我拿你当朋友……
你特么想睡我?
“我知道这对你很突然,但是我是经过深思熟虑的。”周飞羽握住他的手不让他逃开,“经过这一个多月的相处,我确认我很喜欢你,我也确认你是我想长久相处的那个人,请你给我个机会,让我爱你。”
完蛋。
崔馨悦觉得自己好像被这句话击中了。
活了这么大,他做梦也没想到,自己会在这样的环境里,在人生最尴尬的时期,被一个同性表白。
而他该死的好像还不太想拒绝。
周飞羽特意放慢了语速,脸上是无比认真的表情,一字一句地问道:“小悦,看着我,你,喜欢我吗?”
崔馨悦觉得自己的大脑里净是些废旧的齿轮,他都能感受到那些锈迹斑斑的零件运转起来的时候相互之间吱呀摩擦的声音——听到周飞羽这么问他他整个人都不好了。
内心深处有个声音告诉他——
是的崔馨悦,你喜欢他。
你早就喜欢上他了。
承认吧。
“我……”崔馨悦刚想冲口而出这句话,但终于“理智”还是占了上风,他缓下了节奏,嘴角抽了抽,逃跑似的躲开了他的目光,“你……你先别这么看我……等我捋一捋思路……你先把手松开。
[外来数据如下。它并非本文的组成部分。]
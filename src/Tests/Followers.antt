-- ===== src/Tests/Followers.antt =====
-- The follower at concrete inputs.
use raft_algorep.Base.{
  ℤ, pos, minus_one, ◌+ℤ◌, ◌<ℤ◌, ◌++◌, Bool, true, [], ◌∷◌, ok, ◌≡◌, ◌↔◌, refl, arith,
}
use raft_algorep.Rpc.{RequestVote, AppendEntries}
use raft_algorep.Node.{Node}
use raft_algorep.Follower.{handle_append_entries, handle_request_vote}
use raft_algorep.Follower.Accept.{Acceptable, replied, updated, handle_append_entries-accepts}
use raft_algorep.Follower.Append.{save_slice}
use raft_algorep.Follower.Again.{accepted, handle_append_entries-saves_again}
use raft_algorep.Follower.Grant.{answered, Deserves, handle_request_vote-Answers}
use raft_algorep.Tests.{e₀, e₁, node, behind}

abbrev update_rest : AppendEntries
update_rest = record {
  term = pos 1;
  leader_id = 2;
  prev_log_index = pos 0;
  prev_log_term = pos 1;
  leader_commit = pos 0;
  entries = e₁ ∷ [];
}

behind-Acceptable : Acceptable update_rest behind 1 0 1
unfolding ◌+ℤ◌
behind-Acceptable = record {
  current = omega arith;
  starts = refl;
  fits = omega arith;
  has_prev = (e₀, refl, refl);
  indexed = (refl, tt);
  own_commit = refl;
  leader_commit = refl;
  in_log = omega arith;
}

handle_append_entries-accepts_example :
    handle_append_entries 2 update_rest behind
    ≡ ok (replied 2 update_rest (updated 2 update_rest behind 1 0 1))
handle_append_entries-accepts_example =
    handle_append_entries-accepts 2 update_rest behind 1 0 1 behind-Acceptable

-- Two empty messages to a follower that has committed e₀: the second has it saved again.
abbrev heartbeat : ℤ → AppendEntries
heartbeat commit = record {
  term = pos 1;
  leader_id = 2;
  prev_log_index = pos 1;
  prev_log_term = pos 1;
  leader_commit = commit;
  entries = [];
}

heartbeat-Acceptable : Acceptable (heartbeat minus_one) node 2 1 0
unfolding ◌+ℤ◌
heartbeat-Acceptable = record {
  current = omega arith;
  starts = refl;
  fits = omega arith;
  has_prev = (e₁, refl, refl);
  indexed = tt;
  own_commit = refl;
  leader_commit = refl;
  in_log = omega arith;
}

next-Acceptable : Acceptable (heartbeat (pos 0)) (accepted 2 (heartbeat minus_one) node 2 1 0) 2 0 1
unfolding ◌+ℤ◌
next-Acceptable = record {
  current = omega arith;
  starts = refl;
  fits = omega arith;
  has_prev = (e₁, refl, refl);
  indexed = tt;
  own_commit = refl;
  leader_commit = refl;
  in_log = omega arith;
}

handle_append_entries-saves_again_example :
    (n₁ : Node) × (n₂ : Node) × (handle_append_entries 2 (heartbeat minus_one) node ≡ ok n₁)
    × (handle_append_entries 2 (heartbeat (pos 0)) n₁ ≡ ok n₂)
    × (n₁.commit_index <ℤ node.commit_index)
    × (n₂.saved ≡ e₀ ∷ [] ++ save_slice 1 0 n₂.logs)
handle_append_entries-saves_again_example =
    handle_append_entries-saves_again 2 2 (heartbeat minus_one) (heartbeat (pos 0)) node 2 2 1 0 1
      heartbeat-Acceptable (omega arith) next-Acceptable

abbrev ask : RequestVote
ask = record { term = pos 1; candidate_id = 2; last_log_index = pos 1; last_log_term = pos 1 }

handle_request_vote-Answers_example :
    (granted : Bool) × (handle_request_vote 2 ask node ≡ answered 2 granted node)
    × ((granted ≡ true) ↔ Deserves 2 ask node)
handle_request_vote-Answers_example = handle_request_vote-Answers 2 ask node
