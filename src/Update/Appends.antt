-- ===== src/Update/Appends.antt =====
-- A leader's cycle adds to its log, its file and its commits.
use raft_algorep.Base.{
  true, some, ok, Ends, Ends-ok, IfReturns, IfReturns-bind, IfReturns-if, IfReturns-mono, ◌≡◌, refl,
  ap,
}
use raft_algorep.Config.{GlobalConfig, node_ranks}
use raft_algorep.Rpc.{Rpc, request_leader, request_client, RpcResponse, ControllerRequest}
use raft_algorep.Node.{Node, State, send_rpc}
use raft_algorep.Cycle.{
  Cycle, client_request_leader_response, check_always_should_stop, handle_controller_request,
}
use raft_algorep.Cycle.Checks.{check_cases}
use raft_algorep.Cycle.Crash.{Frozen, controller-Frozen}
use raft_algorep.Leader.{
  leader_cycle, pre_cycle, handle_node_request, response, commit_loop, commit_fuel, client_request,
  handle_client_request, update_followers,
}
use raft_algorep.Leader.Appends.{
  Appends, Appends-refl, Appends-trans, response-Appends, commit_loop-Appends,
  update_followers-Appends, request-Appends,
}
use raft_algorep.Update.{update, new_cycle}
use raft_algorep.Update.Rule.{AnyMessage, update-Ends, Split}
use raft_algorep.Update.Keeps.{Any, After, both, KeepsRule}

module _ (g : GlobalConfig) (n₀ : Node) where
  -- The invariant of the cycle.
  abbrev A : Cycle → Type 0
  A c = Appends n₀ c.node

  keep :
      {n n' : Node}
      → Appends n₀ n
      → n'.logs ≡ n.logs
      → n'.saved ≡ n.saved
      → n'.commit_index ≡ n.commit_index
      → Appends n₀ n'
  keep {n} {n'} a l s c = Appends-trans a (Appends-refl n n' l s c)

  controller-A :
      (r : ControllerRequest) (c : Cycle)
      → A c
      → Ends Any (Split A A) (handle_controller_request r c)
  controller-A r c a = both (Appends n₀) (handle_controller_request r c) (
      IfReturns-mono (λ x. Frozen c x.1) (After (Appends n₀)) (handle_controller_request r c)
        (controller-Frozen r c)
        (λ x f.
          keep a (ap (λ (d : Cycle). d.node.logs) f) (ap (λ (d : Cycle). d.node.saved) f)
            (ap (λ (d : Cycle). d.node.commit_index) f)))

  check-A :
      (m : RpcResponse) (c : Cycle) → A c → IfReturns (λ r. A r.1) (check_always_should_stop m c)
  check-A m c a =
      check_cases _ (λ r. A r.1) m c a (λ l. Appends-trans a (Appends-refl c.node _ refl refl refl))
        (λ l n. Appends-trans a (Appends-refl c.node _ refl refl refl)) (λ _. tt)

  node-A : (m : RpcResponse) (c : Cycle) → A c → IfReturns (λ r. A r.1) (handle_node_request g m c)
  unfolding handle_node_request
  node-A m c a =
      IfReturns-bind (λ r. A r.1) (check_always_should_stop m c) _
        λ r e.
          IfReturns-if (λ x. A x.1) r.0 (ok (true, r.1)) _
            (λ _. Ends-ok _ (λ x. A x.1) _ (check-A m c a) e)
            (λ _.
              IfReturns-bind (λ x. A x.1) (response g m.rpc m.sender_id r.1.node) _
                λ n e'.
                  IfReturns-bind (λ x. A x.1) (commit_loop g (commit_fuel g n) n) _
                    λ n' e''. Appends-trans (Ends-ok _ (λ x. A x.1) _ (check-A m c a) e) (
                      Appends-trans
                        (Ends-ok _ (Appends r.1.node) _
                          (response-Appends g m.rpc m.sender_id r.1.node) e')
                        (Ends-ok _ (Appends n) _ (commit_loop-Appends g (commit_fuel g n) n) e'')))

  pre-A : (c : Cycle) → A c → IfReturns A (pre_cycle g c)
  unfolding pre_cycle
  pre-A c a = IfReturns-bind A (update_followers g (node_ranks g) known) _ λ n e.
      Appends-trans (Appends-trans a (Appends-refl c.node known refl refl refl))
        (Ends-ok _ (Appends known) _ (update_followers-Appends g (node_ranks g) known) e)
    where
      known : Node
      known = record c.node { leader_id = some g.rank }

  leader_reply-A : (m : RpcResponse) (c : Cycle) → A c → A (client_request_leader_response m c)
  unfolding client_request_leader_response send_rpc
  leader_reply-A m c a = Appends-trans a (Appends-refl c.node _ refl refl refl)

  client-A :
      (rpc : Rpc) (m : RpcResponse) (c : Cycle) → A c → IfReturns A (client_request g rpc m c)
  unfolding client_request
  client-A request_leader m c a = leader_reply-A m c a
  client-A (request_client message) m c a =
      Appends-trans a (request-Appends g message m.sender_id c.node)
  client-A _ m c a = a

  leader_rule : KeepsRule (Appends n₀) g AnyMessage (leader_cycle g)
  unfolding leader_cycle handle_client_request
  leader_rule = record {
    on_start = pre-A;
    on_receive = λ c a. keep a refl refl refl;
    on_message = λ m c h e. tt;
    on_node = λ m c _ is a. both (Appends n₀) _ (node-A m c a);
    on_client = λ m c _ a. client-A m.rpc m c a;
    on_controller = controller-A;
    on_other = λ c a. a;
    on_timeout = λ c a. keep a refl refl refl;
    on_exit = λ c a. keep a refl refl refl;
  }

-- Whatever messages arrive in the cycle of a leader: if it ends, its log is the log that it had
-- with entries added at the end, its file is what it was with lines added at the end, and its
-- commit index has not fallen.
pub leader_cycle-Appends :
    (g : GlobalConfig) (stale : State) (n : Node)
    → IfReturns (Appends n) (update g (leader_cycle g) (new_cycle g stale n))
unfolding new_cycle
leader_cycle-Appends g stale n =
    update-Ends g Any AnyMessage (leader_rule g n) tt (new_cycle g stale n)
      (Appends-refl n n refl refl refl)
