-- ===== src/Tests/Leaders.antt =====
-- The leader and replication at concrete inputs.
use raft_algorep.Base.{
  ℕ, ◌≤◌, ◌<◌, pos, ◌+ℤ◌, int_laws, true, false, [], ◌∷◌, none, some, ok, IfReturns, ◌≡◌, refl,
  arith,
}
use raft_algorep.Config.{node_ranks, nb_node, is_node}
use raft_algorep.Rpc.{request_client, append_entries_response, AppendEntries, AppendEntriesResponse}
use raft_algorep.Node.{init_leader, Node, follower, leader}
use raft_algorep.Cycle.{Cycle}
use raft_algorep.Follower.{handle_append_entries}
use raft_algorep.Leader.{update_message, commit_loop, leader_cycle}
use raft_algorep.Leader.Appends.{Appends}
use raft_algorep.Update.{update, new_cycle}
use raft_algorep.Update.Appends.{leader_cycle-Appends}
use raft_algorep.Leader
use raft_algorep.Leader.Bounded.{Leading}
use raft_algorep.Leader.Responses.{init_leader-Leading, recorded, handle_node_request-commits}
use raft_algorep.Leader.Commit.{Ready, Committed, commits, Majority, holders, commit_loop-Committed}
use raft_algorep.Replication.{InStep, update-replicates}
use raft_algorep.Tests.{g, e₀, e₁, node, behind}

node-Ready : Ready g node 1
unfolding ◌+ℤ◌ node_ranks nb_node holders
node-Ready = record {
  committed = refl;
  in_log = omega arith;
  slots = (omega arith, (omega arith, (omega arith, tt)));
  no_further = λ i m. ground arith;
}

commit_loop-Committed_example : (b : ℕ) × Committed g node 1 b (commit_loop g 4 node)
commit_loop-Committed_example = commit_loop-Committed g 4 node 1 node-Ready (omega arith)

abbrev leading : Cycle
leading = record {
  next_state = none;
  stale = follower;
  node = record node { state = leader };
  vote_count = pos 0;
  has_voted_for_me = [];
}

node-Leading : Leading g leading.node 1
unfolding ◌+ℤ◌ nb_node
node-Leading = record {
  others = omega arith;
  committed = refl;
  in_log = omega arith;
  match_slots = refl;
  next_slots = refl;
  bounded = (omega arith, (omega arith, (omega arith, tt)));
}

abbrev stored : AppendEntriesResponse
stored = record { term = pos 1; success = true; new_index = pos 2 }

handle_node_request-commits_example :
    (b : ℕ) × (Leader.handle_node_request g
        (record { rpc = append_entries_response stored; sender_id = 3 })
        leading
      ≡ ok (false, record leading { node = commits g (recorded g 3 stored leading.node) 1 b }))
    × (1 ≤ b)
    × ((i : ℕ) → 1 ≤ i → i < b → Majority g (recorded g 3 stored leading.node).match_index i)
    × (¬ Majority g (recorded g 3 stored leading.node).match_index b)
    × Leading g (commits g (recorded g 3 stored leading.node) 1 b) b
handle_node_request-commits_example =
    handle_node_request-commits g 3 stored leading 1 node-Leading (unfold is_node in refl)
      (omega arith) refl (omega int_laws)

in_step : InStep g 3 node 1 behind 0 1
unfolding ◌+ℤ◌
in_step = record {
  next = refl;
  known = omega arith;
  indexed = (refl, (refl, tt));
  leader_commit = refl;
  committed = omega arith;
  not_newer = omega arith;
  agree = refl;
  own_commit = refl;
}

update-replicates_example :
    (m : AppendEntries) × (f' : Node) × (update_message g 3 node ≡ ok m)
    × (handle_append_entries 1 m behind ≡ ok f')
    × (f'.logs ≡ e₀ ∷ e₁ ∷ [])
    × (f'.commit_index ≡ pos 0)
    × (f'.saved ≡ e₀ ∷ [])
    × (f'.term ≡ pos 1)
    × (f'.voted_for ≡ none)
update-replicates_example = update-replicates g 3 node 1 behind 0 1 in_step

init_leader-Leading_example : Leading g (init_leader node) 1
init_leader-Leading_example =
    init_leader-Leading g node 1 (unfold nb_node in omega arith) (unfold ◌+ℤ◌ in refl) (omega arith)
      (unfold nb_node in refl) (unfold nb_node in refl)

-- A leader to which a client's entry comes, and then the answer of a follower.
abbrev serving : Node
serving = record node {
  state = leader;
  rpc_reciever = record {
    reinjected_messages = [];
    network =
        some (record { rpc = request_client (9 ∷ []); sender_id = 4 })
        ∷ some (record { rpc = append_entries_response stored; sender_id = 3 })
        ∷ none
        ∷ [];
  };
}

leader_cycle-Appends_example :
    IfReturns (Appends serving) (update g (leader_cycle g) (new_cycle g leader serving))
leader_cycle-Appends_example = leader_cycle-Appends g leader serving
”
周飞羽迟疑了一秒,还是听他的话松开了手。
崔馨悦深吸了口气:“那个……我好像……没喜欢过男人,我大概……应该是……不是gay。”
显然周飞羽不会被这么简单的问题打倒:“你讨厌我吻你么?”
“不……”崔馨悦皱着眉摇摇头,“不是这个问题……”
“你硬了。”周飞羽的右手往下一划,虚掩在他的重点部位,毫不留情地指出了事实。
……妈个鸡。
他今天穿了一条宽松的灰色运动裤,这也能看出来?这家伙什么人啊?
崔馨悦瞬间并拢了腿,委屈:“你……犯规。”
“还有别的问题吗?”周飞羽看出他的戒备,保持着两人间的距离。
“我……我跟你……还不太熟。”崔馨悦说完就知道这个借口找的有点牵强。
“我们已经同居过了。”周飞羽戳穿。
“那不算。”他咬牙,“我们对彼此都不够了解,我们都不知道彼此的生日,爱好……”
周飞羽脱口而出:“崔馨悦,英文名Eric,S大工程学院计算机专业数据分析方向Ph.D.在读,生日11月28日,射手座,属马,T省人,T大计算机与信息专业本科,研究生在S大工程学院获硕士学位,家中独子,父母是T大教职,家中有一只5岁的雄性萨摩耶犬……”
崔馨悦快听哭了:“你作弊。”
周飞羽安慰他:“如果你想了解我的话,我也会全部告诉你。先记住这一条吧——我,周飞羽,喜欢崔馨悦。”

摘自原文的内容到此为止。